Ari mengatakan, pelaku akan kesulitan menyembunyikan kejahatannya jika tubuh korban masih utuh. Hal tersebut justru hanya akan memudahkan kepolisian dalam melakukan pelacakan.
"Sekalipun modus pembunuhan yang demikian hampir selalu bisa ditemukan pelakunya, tetap juga (pembunuhan mutilasi) masih dilakukan hingga akhir-akhir ini," ujarnya.
Ia menjelaskan, dalam teori kriminologi, kejahatan dibagi menjadi dua, yaitu white collar crime (WCC) dan blue collar crime (BCC). Menurut dia, WCC biasa disebut dengan modern crime dengan ciri-ciri antara lain perbuatannya dilakukan dengan cara yang halus (non-kekerasan) serta pelakunya adalah orang yang berpengetahuan atau memiliki kedudukan sosial ekonomi yang tinggi. Sementara BCC sebaliknya, dikenal dengan traditional crime, dilakukan dengan cara kekerasan dan pelakunya orang yang tidak atau kurang berpendidikan.

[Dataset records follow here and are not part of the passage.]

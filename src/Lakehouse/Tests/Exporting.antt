-- ===== src/Lakehouse/Tests/Exporting.antt =====
-- Runs of lakehouse/export.py on a concrete table.
use crypto_streaming_lakehou.Base.{
  ℕ, ◌+◌, ◌≤◌, String, ◌==◌, Bool, true, false, List, [], ◌∷◌, none, some, Try, ok, raised, other,
  ◌≡◌, refl, ◌⊎◌, inl, inr, arith, All, if◌then◌else◌,
}
use crypto_streaming_lakehou.Lakehouse.Names.{matches_rest, matches, validate_table_name}
use crypto_streaming_lakehou.Lakehouse.Storage.{
  part, count, is_under, under, rows_of, read_parquet, rmtree,
}
use crypto_streaming_lakehou.Lakehouse.Storage.Counting.{is_later}
use crypto_streaming_lakehou.Lakehouse.Exporter.{
  removed, partition_path, two_digits, four_digits, write_partitions, export, full_export, newer,
  incremental_export,
}
use crypto_streaming_lakehou.Lakehouse.Exporter.Writing.{stored}
use crypto_streaming_lakehou.Lakehouse.Exporter.Partitions.{
  IsCalendar, IsPartitioned, exports-IsPartitioned,
}
use crypto_streaming_lakehou.Lakehouse.ExportState.{
  upsert, upsert_export_state, find_mark, get_high_water_mark,
}
use crypto_streaming_lakehou.Lakehouse.Uploads.{S3}
use crypto_streaming_lakehou.Lakehouse.Catalog.{World, init_catalog}
use crypto_streaming_lakehou.Lakehouse.Catalog.Again.{init_catalog_again}
use crypto_streaming_lakehou.Lakehouse.Export.{
  parquet_base, Run, is_ok, upload_files, try_export, export_table, Environment, run_export,
}
use crypto_streaming_lakehou.Lakehouse.Export.Bookmarks.{
  mark_in, IsExported, export_table-moves_mark,
}
use crypto_streaming_lakehou.Lakehouse.Export.Sequences.{export_each, late_rows_never_exported}
use crypto_streaming_lakehou.Lakehouse.Export.InStep.{History, end, next, export_each-InStep}
use crypto_streaming_lakehou.Lakehouse.Export.Retries.{IsCutShort, retry_stores_twice}
use crypto_streaming_lakehou.Lakehouse.Export.Views.{IsBlind, run_export-shows_nothing}
use crypto_streaming_lakehou.Lakehouse.Export.Runs.{TriesBoth, run_export-TriesBoth}
use crypto_streaming_lakehou.Lakehouse.Tests.{by_day, group, group_in}

abbrev vwap : String
vwap = "gold_vwap_1min"

abbrev writes : ℕ → Try (Unit {0})
writes n = ok tt

abbrev second_fails : ℕ → Try (Unit {0})
second_fails n = if n == 1 then raised other else ok tt

abbrev no_bucket : S3
no_bucket = record { bucket = none; client = ok tt; upload_file = λ _. ok tt; uuid = λ _. "0" }

abbrev run_at : ℕ → List ℕ → (ℕ → Try (Unit {0})) → Run ℕ
run_at now rows to_parquet = record {
  answers = record { removal = removed; scan = ok rows; to_parquet = to_parquet };
  select = ok tt;
  count_query = ok tt;
  now = now;
  upsert = ok tt;
  s3 = no_bucket;
}

abbrev nothing : World ℕ
nothing = record {
  storage = record { files = []; next_part = 0 };
  export_state = some [];
  views = [];
  uploads = [];
}

-- After a first export at 10 that saw a window at 5.
abbrev started : World ℕ
started = record {
  storage = record {
    files =
        record {
          directory = "data" ∷ "gold" ∷ vwap ∷ "year=2026" ∷ "month=04" ∷ "day=00" ∷ [];
          name = part 0;
          rows = 5 ∷ [];
        }
        ∷ [];
    next_part = 1;
  };
  export_state = some (record { table_name = vwap; last_exported_at = 10; rows_exported = 1 } ∷ []);
  views = [];
  uploads = [];
}

first_run :
    export_table by_day parquet_base vwap (run_at 10 (5 ∷ []) writes) nothing ≡ (true, started)
unfolding export_table try_export full_export export write_partitions partition_path two_digits
    four_digits validate_table_name matches matches_rest rmtree upsert_export_state upsert
    get_high_water_mark find_mark read_parquet rows_of under is_under upload_files group group_in
first_run = refl

export_table-moves_mark_example :
    let e = export_table by_day parquet_base vwap (run_at 10 (5 ∷ []) writes) nothing in
    ((e.0 ≡ true) × IsExported by_day parquet_base vwap (run_at 10 (5 ∷ []) writes) nothing e.1)
    ⊎ ((e.0 ≡ false)
        × IsExported by_day parquet_base vwap (run_at 10 (5 ∷ []) writes) nothing e.1
        × (is_ok no_bucket.client ≡ false))
    ⊎ ((e.0 ≡ false) × (e.1.export_state ≡ nothing.export_state))
export_table-moves_mark_example =
    export_table-moves_mark by_day parquet_base vwap (run_at 10 (5 ∷ []) writes) nothing

marked_at_10 : mark_in started.export_state vwap ≡ some 10
unfolding find_mark
marked_at_10 = refl

early : (row : ℕ) → (row == 7) ≡ true → row ≤ 10
early row h = ground (arith)

-- The window at 7 was aggregated after the export at 10.
late_rows_never_exported_example :
    count
      (λ n. n == 7)
      (stored by_day parquet_base vwap
        (export_each by_day parquet_base vwap
          (run_at 20 (5 ∷ 7 ∷ []) writes ∷ run_at 30 (5 ∷ 7 ∷ []) writes ∷ [])
          started).1.storage)
    ≡ count (λ n. n == 7) (stored by_day parquet_base vwap started.storage)
late_rows_never_exported_example =
    late_rows_never_exported by_day parquet_base vwap (λ n. n == 7) 10
      (run_at 20 (5 ∷ 7 ∷ []) writes ∷ run_at 30 (5 ∷ 7 ∷ []) writes ∷ []) started marked_at_10
      early (omega arith, (omega arith, tt))

abbrev two_runs : List (Run ℕ)
two_runs = run_at 10 (5 ∷ []) writes ∷ run_at 20 (5 ∷ 12 ∷ []) writes ∷ []

two_runs-History : History by_day parquet_base vwap [] none two_runs (5 ∷ 12 ∷ [])
two_runs-History =
    next [] (5 ∷ []) (5 ∷ 12 ∷ []) none (run_at 10 (5 ∷ []) writes)
      (run_at 20 (5 ∷ 12 ∷ []) writes ∷ []) refl (λ p. refl)
      (next (5 ∷ []) (5 ∷ 12 ∷ []) (5 ∷ 12 ∷ []) (some 10) (run_at 20 (5 ∷ 12 ∷ []) writes) [] refl
        (λ p. omega arith) (end (5 ∷ 12 ∷ []) (some 20)))

two_runs_succeed : (export_each by_day parquet_base vwap two_runs nothing).0 ≡ true
unfolding export_each export_table try_export full_export incremental_export newer export
    write_partitions partition_path two_digits four_digits validate_table_name matches matches_rest
    rmtree upsert_export_state upsert get_high_water_mark find_mark read_parquet rows_of under
    is_under upload_files group group_in
two_runs_succeed = refl

no_mark : mark_in nothing.export_state vwap ≡ none
unfolding find_mark
no_mark = refl

nothing_stored :
    (p : ℕ → Bool) → count p (stored by_day parquet_base vwap nothing.storage) ≡ count p []
unfolding read_parquet rows_of under
nothing_stored p = refl

export_each-InStep_example :
    count
      (λ n. n == 12)
      (stored by_day parquet_base vwap
        (export_each by_day parquet_base vwap two_runs nothing).1.storage)
    ≡ count (λ n. n == 12) (5 ∷ 12 ∷ [])
export_each-InStep_example =
    export_each-InStep by_day parquet_base vwap [] none two_runs (5 ∷ 12 ∷ []) nothing
      two_runs-History no_mark nothing_stored two_runs_succeed (λ n. n == 12)

-- The export of the windows at 12 and 25 raises between the two days.
abbrev short_run : Run ℕ
short_run = run_at 30 (5 ∷ 12 ∷ 25 ∷ []) second_fails

short_run-IsCutShort : IsCutShort by_day parquet_base vwap short_run 10 (5 ∷ 12 ∷ 25 ∷ []) (12 ∷ [])
unfolding newer group group_in validate_table_name matches matches_rest
short_run-IsCutShort = record {
  selected = refl;
  valid = refl;
  scan = refl;
  row = 12;
  later = 25 ∷ [];
  new = refl;
  date = record { year = 2026; month = 4; day = 1 };
  second = (record { year = 2026; month = 4; day = 2 }, 25 ∷ []);
  others = [];
  split = refl;
  wrote = refl;
  error = other;
  failed = refl;
}

retry_succeeds :
    (export_table by_day parquet_base vwap
      (run_at 40 (5 ∷ 12 ∷ 25 ∷ []) writes)
      (export_table by_day parquet_base vwap short_run started).1).0
    ≡ true
unfolding export_table try_export incremental_export newer export write_partitions partition_path
    two_digits four_digits validate_table_name matches matches_rest upsert_export_state upsert
    get_high_water_mark find_mark read_parquet rows_of under is_under upload_files group group_in
retry_succeeds = refl

retry_stores_twice_example :
    ((export_table by_day parquet_base vwap short_run started).0 ≡ false)
    × ((p : ℕ → Bool)
        → count p (
            stored by_day parquet_base vwap
              (export_table by_day parquet_base vwap
                (run_at 40 (5 ∷ 12 ∷ 25 ∷ []) writes)
                (export_table by_day parquet_base vwap short_run started).1).1.storage)
          ≡ count p (stored by_day parquet_base vwap started.storage)
            + count p (12 ∷ [])
            + count (is_later by_day 10 p) (5 ∷ 12 ∷ 25 ∷ []))
retry_stores_twice_example =
    retry_stores_twice by_day parquet_base vwap short_run (run_at 40 (5 ∷ 12 ∷ 25 ∷ []) writes)
      started 10 (5 ∷ 12 ∷ 25 ∷ []) (12 ∷ []) marked_at_10 short_run-IsCutShort refl retry_succeeds

abbrev hourly : Environment ℕ
hourly = record {
  database_url = some "postgres://";
  connect = ok tt;
  runs = λ _. short_run;
  catalog = λ _. ok tt;
}

started-IsBlind : IsBlind [] started
unfolding under is_under
started-IsBlind = record {
  files = λ table g. elim g [ inl e ↦ rw e tt | inr e ↦ rw e tt ];
  views = tt;
  uploaded = refl;
}

run_export-shows_nothing_example :
    IsBlind [] (run_export by_day hourly started).1
    × All
        (λ v. read_parquet v.directory (run_export by_day hourly started).1.storage.files ≡ [])
        (run_export by_day hourly started).1.views
run_export-shows_nothing_example = run_export-shows_nothing by_day hourly started started-IsBlind

run_export-TriesBoth_example : TriesBoth by_day hourly started (run_export by_day hourly started)
run_export-TriesBoth_example =
    run_export-TriesBoth by_day hourly started "postgres://" refl refl (λ n. refl)

refreshes : (init_catalog hourly.catalog parquet_base started).0 ≡ ok tt
unfolding init_catalog
refreshes = refl

init_catalog_again_instance :
    (init_catalog
      (λ n. raised other)
      parquet_base
      (init_catalog hourly.catalog parquet_base started).1).1
    ≡ (init_catalog hourly.catalog parquet_base started).1
init_catalog_again_instance =
    init_catalog_again hourly.catalog (λ n. raised other) parquet_base started refreshes

days : (t : ℕ) → IsCalendar (by_day.date t)
days t = record { year = omega arith; month = omega arith; day = omega arith }

started-IsPartitioned : IsPartitioned by_day parquet_base vwap days started.storage
started-IsPartitioned = (
  λ h. (
    record {
      year_text = "2026";
      month_text = "04";
      day_text = "00";
      spelled = refl;
      year = (refl, refl, refl);
      month = (refl, refl, refl);
      day = (refl, refl, refl);
    },
    tt,
  ),
  tt,
)

exports-IsPartitioned_example :
    IsPartitioned by_day parquet_base vwap days
      (full_export by_day parquet_base vwap short_run.answers started.storage).1
    × IsPartitioned by_day parquet_base vwap days
        (incremental_export by_day parquet_base vwap 10 short_run.answers started.storage).1
exports-IsPartitioned_example =
    exports-IsPartitioned by_day parquet_base vwap days 10 short_run.answers started.storage
      started-IsPartitioned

"Pembunuhan ini merupakan BCC sehingga pelakunya memiliki wawasan yang sangat terbatas sehingga meskipun selama ini selalu bisa dibongkar, tapi modus klasik tersebut masih tetap saja digunakan," katanya.
Ia menambahkan, dalam beberapa kasus, hakim tidak memvonis mati pelalu mutilasi. Hal tersebut karena ada hal-hal yang dipertimbangkan oleh hakim sebagai alasan yang memperingan, misalnya terdakwa mengakui perbuatannya dan berjanji tidak akan mengulanginya, terdakwa bersikap sopan selama pemeriksaan, dan lain sebagainya.
"Kalau diputus dengan pidana mati, biasanya tidak ada alasan yang meringankan, jadi semuanya memberatkan, misalnya, terdakwa telah melakukan perbuatan keji yang tidak berperikemanusiaan, terdakwa telah melakukan perbuatan keji yang meninggalkan luka mendalam dari keluarga korban dan lain-lain," kata dia.
"Sesuai dengan laporan polisi yang diterbitkan oleh Polresta Sleman, kita akan menindaklanjuti dengan proses penyidikan dengan Pasal 340, jadi proses pembunuhan berencana," ujar Dirreskrimum Polda DIY Kombes FX Endriadi Ahad (16/7/2023).